Let’s start with the first bit of that last sentence. One of the themes of this three-part review will be how each of these films used tropes – essentially plot devices or callbacks that feel familiar to the audience because they’ve been done previously. It can be done correctly. It wasn’t here.
Almost everything that happens in this film is a trope. You’ve seen all of it before. This is a common problem for superhero movies, because the comics they’re based on already borrow tropes from other places and recontextualize or smooth them down for a mainstream audience. The Marvel movies solved this conundrum by making the superheroes and their supporting cast likeable and unique. DC, on the other hand, tries to solve it with big visual setpieces. Think Zod and Superman fighting through Metropolis in Man of Steel.
But people don’t care about what’s happening, and where it’s happening, unless they care about who it’s happening to. DC puts the action before the heart of any film, the characters. Marvel smartly reverses the formula. That’s the difference. And the trend continues here.
I cared about Temuera Morrison’s lighthouse keeper. He’s just a simple guy, waiting faithfully for his otherworldly wife and trying to do right by his kid. I also cared about Black Manta, the submarine-piloting, pirate-commanding kid in the first scenes of the movie who becomes one of Aquaman’s greatest villains. He should have been the main antagonist, because Oceanmaster is boring at best and hokey at worst, suffering from the same issues as the worst Marvel villains.

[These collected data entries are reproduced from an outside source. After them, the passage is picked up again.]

-- ===== src/Vault/Examples.antt =====
-- One credential, put and taken, on which the theorems about the vault are applied.
use hosting_control_panel.Common.{
  ◌+◌, ◌≡◌, refl, any, some, [], ◌∷◌, Text, text, text_eq, find, select, arith,
}
use hosting_control_panel.Vault.Store.{
  Cipher, IsCipher, Sealed, Vault, put, nothing, value, take_secret, valid_id, prune, lookup,
  delete,
}
use hosting_control_panel.Vault.Once.{take_once, put_take}

-- A cipher that hides nothing.
abbrev plain_cipher : Cipher
plain_cipher = record { seal = λ key iv s. (key, s); open_sealed = λ key iv s. some s.1 }

plain_cipher-IsCipher : IsCipher plain_cipher
plain_cipher-IsCipher = record { opens = λ key iv s. refl }

abbrev job_id : Text
job_id = text "0123456789ab-0123456789ab-0123456789"

abbrev password : Sealed
password = record {
  id = job_id;
  owner = text "admin";
  created_at = 1;
  expires_at = 100;
  iv = [];
  sealed = ([], text "hunter2");
}

abbrev one_secret : Vault
one_secret = record { ttl_ms = 99; key = []; records = password ∷ []; stored = password ∷ [] }

abbrev emptied : Vault
emptied = record { ttl_ms = 99; key = []; records = []; stored = [] }

takes :
    take_secret plain_cipher one_secret job_id (text "admin") 50 ≡ (emptied, value (text "hunter2"))
unfolding take_secret prune lookup delete any find select text text_eq
takes = refl

take_once_example : (take_secret plain_cipher emptied job_id (text "guest") 51).1 ≡ nothing
take_once_example =
    take_once plain_cipher one_secret job_id (text "admin") (text "guest") 50 51 takes

put_take_example :
    (v' : Vault) × (put plain_cipher emptied job_id (text "admin") (text "pw") [] 5
      ≡ some (v', 5 + 99))
    × ((take_secret plain_cipher v' job_id (text "admin") 90).1 ≡ value (text "pw"))
unfolding valid_id any text
put_take_example =
    put_take plain_cipher plain_cipher-IsCipher emptied job_id (text "admin") (text "pw") [] 5 90
      refl (omega arith)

And Jason Momoa’s Aquaman? Well, he sells the swagger of a dude who knows he’s powerful, but he lacks any discernable charisma and doesn’t really have an arc. He experiences no character growth at all, from what I could tell. No one else in the movie is all that interesting either.
The plot itself contained twists and beats so obvious that I predicted them far before they occurred – another casualty of relying on tropes. The soundtrack absolutely does not fit the movie. I facepalmed when I heard the chorus of Pitbull’s awful “Ocean to Ocean,” ripped straight from Toto’s classic “Africa,” serenading Aquaman and his Atlantean buddy as they flew over the Sahara Desert.
There’s no denying that the visuals in this movie are stunning, creative, and gorgeous. They reminded me of Avatar. But as in that movie, they weren’t in service of a particularly good script or story.
The characters do not talk like people. The heartfelt lines come off as cringey. “Where I come from, the sea washes our tears away.” “Not here. Here, you feel them.”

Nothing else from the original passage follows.